MercyOne’s main objective was to re-evaluate the distribution of beds and outpatient services across its 9-county service area and create a new vision for the health system network. Percival Health Advisors, an independent healthcare strategy group within Remedy, addressed master campus planning, the optimal strategy for service line offerings between two hospital campuses, more efficient delivery of care models, and new strategic locations for ambulatory care centers in high-priority markets.
Percival conducted a proprietary market prioritization analysis to identify target geographies with the most attractive and best opportunity for the health system to be successful competitively while delivering a strong ROI. Percival’s assessment delivered a road map for a network deployment strategy that included adding new ambulatory care centers, repositioning some sites (new services, consolidation, or relocation/renovation), coordinating a real estate leasing and ownership strategy, and implementing a virtual enterprise strategy. Percival identified three new clinic opportunities to serve growth markets and respond to competitor initiatives, and recommended converting an existing ambulatory care center into a 20-bed micro-hospital.

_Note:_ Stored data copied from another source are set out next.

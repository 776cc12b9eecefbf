-- ===== src/Frame/Anchor.antt =====
-- h2/frame.rs: the search of `anchor`, against the runs of valid heads in the bytes.
use honeybeepf_llm.Prelude.{
  ℕ, zero, suc, ◌+◌, ◌-◌, ◌<◌, ◌≤◌, ◌≡◌, refl, sym, inl, inr, Option, none, some, [], append-nil,
  ◌++◌, Bytes, length, leb, ◌==◌, arith, Bool-cases, leb→le, leb→gt, ==→eq,
}
use mathlib.Core.Path.{subst}
use honeybeepf_llm.Frame.Types.{FrameReader}
use honeybeepf_llm.Frame.Scan.{
  Candidate, anchored, rejected, need_more, chain_at, reject, anchor_from, anchor,
}
use honeybeepf_llm.Frame.Runs.{IsRun}
use honeybeepf_llm.Frame.Chains.{Verdict, chain_from-Verdict}

-- The first place from `from` on with three heads in a row, or that there is no such place.
abbrev pub FirstRun : ℕ → Bytes → ℕ → Option ℕ → Type 0
FirstRun max scan from (some k) =
    (from ≤ k) × IsRun 3 max scan k × ((j : ℕ) → from ≤ j → j < k → IsRun 3 max scan j → ⊥)
FirstRun max scan from none = (j : ℕ) → from ≤ j → IsRun 3 max scan j → ⊥

-- No bytes that may follow make a run at a place from the one bound up to the other.
abbrev pub RulesOut : ℕ → Bytes → ℕ → ℕ → Type 0
RulesOut max scan from to =
    (from ≤ to) × ((j : ℕ) (later : Bytes) → from ≤ j → j < to → IsRun 3 max (scan ++ later) j → ⊥)

-- A search from a place on finds the first run there is, changes nothing but where the next search
-- starts, and passes over only what is ruled out.
abbrev pub FindsFirstRun : FrameReader → ℕ → FrameReader × Option ℕ → Type 0
FindsFirstRun r at (r', found) =
    (r' ≡ record r { scan_from = r'.scan_from })
    × FirstRun r.max_frame_size r.scan at found
    × RulesOut r.max_frame_size r.scan r.scan_from r'.scan_from

-- A place with no run moves the search on.
next-FirstRun :
    (max : ℕ) (scan : Bytes) (from : ℕ) (found : Option ℕ)
    → (IsRun 3 max scan from → ⊥)
    → FirstRun max scan (from + 1) found
    → FirstRun max scan from found
next-FirstRun max scan from found fails = later found
  where
    at_or_after :
        (j : ℕ) → (from + 1 ≤ j → IsRun 3 max scan j → ⊥) → from ≤ j → IsRun 3 max scan j → ⊥
    at_or_after j after le = elim (Bool-cases (from == j)) [
      | inl e ↦ subst (λ k. IsRun 3 max scan k → ⊥) (==→eq from j e) fails
      | inr e ↦ after (ground arith)
    ]

    later : (found : Option ℕ) → FirstRun max scan (from + 1) found → FirstRun max scan from found
    later none h = λ j le. at_or_after j (h j) le
    later (some k) (le, run, before) =
        (omega arith, run, λ j le' lt. at_or_after j (λ le''. before j le'' lt) le')

-- What the candidate at a place leads to.
after_candidate : ℕ → FrameReader → ℕ → Candidate → FrameReader × Option ℕ
unfolding anchor_from
after_candidate rounds r at c = elim c [
  | anchored ↦ (r, some at)
  | need_more ↦ anchor_from rounds r (at + 1)
  | rejected ↦ anchor_from rounds (reject r at) (at + 1)
]

-- One more place with no run that can come.
RulesOut-next :
    (max : ℕ) (scan : Bytes) (from to : ℕ)
    → ((later : Bytes) → IsRun 3 max (scan ++ later) from → ⊥)
    → RulesOut max scan (from + 1) to
    → RulesOut max scan from to
RulesOut-next max scan from to fails (le, out) = (
  omega arith,
  λ j later from_le lt. elim (Bool-cases (from == j)) [
    | inl e ↦ subst (λ k. IsRun 3 max (scan ++ later) k → ⊥) (==→eq from j e) (fails later)
    | inr e ↦ out j later (ground arith) lt
  ],
)

stays : (r : FrameReader) → RulesOut r.max_frame_size r.scan r.scan_from r.scan_from
stays r = (omega arith, λ j later le lt. absurd (omega arith))

after_candidate-FindsFirstRun :
    (rounds : ℕ) (r : FrameReader) (at : ℕ) (c : Candidate)
    → Verdict 3 r.max_frame_size r.scan at c
    → r.scan_from ≤ at
    → length r.scan - at ≤ suc rounds
    → at + 9 ≤ length r.scan
    → ((r : FrameReader) (at : ℕ)
        → r.scan_from ≤ at
        → length r.scan - at ≤ rounds
        → FindsFirstRun r at (anchor_from rounds r at))
    → FindsFirstRun r at (after_candidate rounds r at c)
unfolding after_candidate
after_candidate-FindsFirstRun rounds r at anchored run le enough room h =
    (refl, (omega arith, run, λ j le lt. absurd (omega arith)), stays r)
after_candidate-FindsFirstRun rounds r at need_more fails le enough room h =
    let after = h r (at + 1) (omega arith) (omega arith) in
    (after.0, next-FirstRun r.max_frame_size r.scan at _ fails after.1, after.2)
after_candidate-FindsFirstRun rounds r at rejected fails le enough room h =
    elim (Bool-cases (at == r.scan_from)) [
      | inl e ↦
          let after =
            h (record r { scan_from = r.scan_from + 1 }) (at + 1) (omega (arith, ==→eq _ _ e))
              (omega arith) in
          rw e (
            after.0,
            next-FirstRun r.max_frame_size r.scan at _ none_here after.1,
            RulesOut-next r.max_frame_size r.scan r.scan_from _
                (subst (λ k. (later : Bytes) → IsRun 3 r.max_frame_size (r.scan ++ later) k → ⊥)
                  (==→eq _ _ e) fails)
                after.2,
          )
      | inr e ↦
          let after = h r (at + 1) (omega arith) (omega arith) in
          rw e (after.0, next-FirstRun r.max_frame_size r.scan at _ none_here after.1, after.2)
    ]
  where
    none_here : IsRun 3 r.max_frame_size r.scan at → ⊥
    none_here run =
        fails [] (subst (λ xs. IsRun 3 r.max_frame_size xs at) (sym (append-nil r.scan)) run)

anchor_from-FindsFirstRun :
    (rounds : ℕ) (r : FrameReader) (at : ℕ)
    → r.scan_from ≤ at
    → length r.scan - at ≤ rounds
    → FindsFirstRun r at (anchor_from rounds r at)
unfolding anchor_from after_candidate chain_at
anchor_from-FindsFirstRun zero r at le enough =
    (refl, (λ j from run. omega (arith, run.0.0)), stays r)
anchor_from-FindsFirstRun (suc rounds) r at le enough =
    elim (Bool-cases (leb (at + 9) (length r.scan))) [
      | inl e ↦ rw e (
          after_candidate-FindsFirstRun rounds r at (chain_at r at) (chain_from-Verdict r 3 at) le
            enough (leb→le _ _ e) (anchor_from-FindsFirstRun rounds))
      | inr e ↦ rw e (refl, (λ j from run. omega (arith, leb→gt _ _ e, run.0.0)), stays r)
    ]

-- `anchor` finds the first place of the scan, from `scan_from` on, at which three valid frame
-- heads are in a row, each where the payload of the one before ends, and finds none only where
-- there is none; what a valid head is, is told on the nine bytes by a table of frame types. It
-- changes nothing but `scan_from`, and moves that only forward and only past places at which no
-- bytes that may follow make such a run.
pub anchor-FindsFirstRun : (r : FrameReader) → FindsFirstRun r r.scan_from (anchor r)
unfolding anchor
anchor-FindsFirstRun r =
    anchor_from-FindsFirstRun (length r.scan) r r.scan_from (omega arith) (omega arith)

Remedy developed a three-story, 85,000 square foot ambulatory care/surgery center for Vail Health, which serves the Rocky Mountain communities of central Colorado. The facility offers an array of services for the high-growth, underserved Dillon market, located about 35 minutes east of Vail, which includes the towns of Silverthorne, Frisco, and Breckenridge. Services include orthopedics, sports medicine, rehabilitation, imaging center, joint-venture ASC, medical oncology, breast center, primary care, specialty care, and urgent care.
Percival Health Advisors, an independent healthcare strategy group within Remedy, conducted a detailed analysis of the local healthcare market as well as a physician alignment impact assessment—involving The Steadman Clinic, Vail-Summit Orthopaedics & Neurosurgery, and a primary care group—to help guide key decisions about the facility’s size, design, and service mix/scope. Percival independently validated volume projections for the three independent physician groups, which gave them a comfort level in moving forward with their planned lease commitments to the project. Percival’s unbiased analysis also saved Vail Health from developing a freestanding ED that the market could not support.
Yale New Haven Health sought to identify the highest and best use of its community hospital campus in Westerly, RI. Considerations included a full replacement or renovated hospital, micro-hospital with stronger ambulatory services, or ambulatory care center/freestanding ED–only campus. Percival Health Advisors, an independent healthcare strategy group within Remedy, conducted a detailed analysis for repositioning the campus, with support from Remedy to determine the most cost-effective and least disruptive way to satisfy the future facility needs.
The existing hospital required significant capital upgrades and was no longer appropriately sized and laid out for the community’s needs and the modern delivery of healthcare. Percival’s assessment focused on the goal of balancing capital investments with projected patient volumes and factored in service line priority strategy, physician alignment targets, and optimal facility sizes. Percival arrived at the conclusion that Yale should pursue a phased campus redevelopment that would result in the creation of a new micro-hospital and ambulatory care center (ACC), both more optimally sized and designed to meet the projected needs of the Westerly patient community.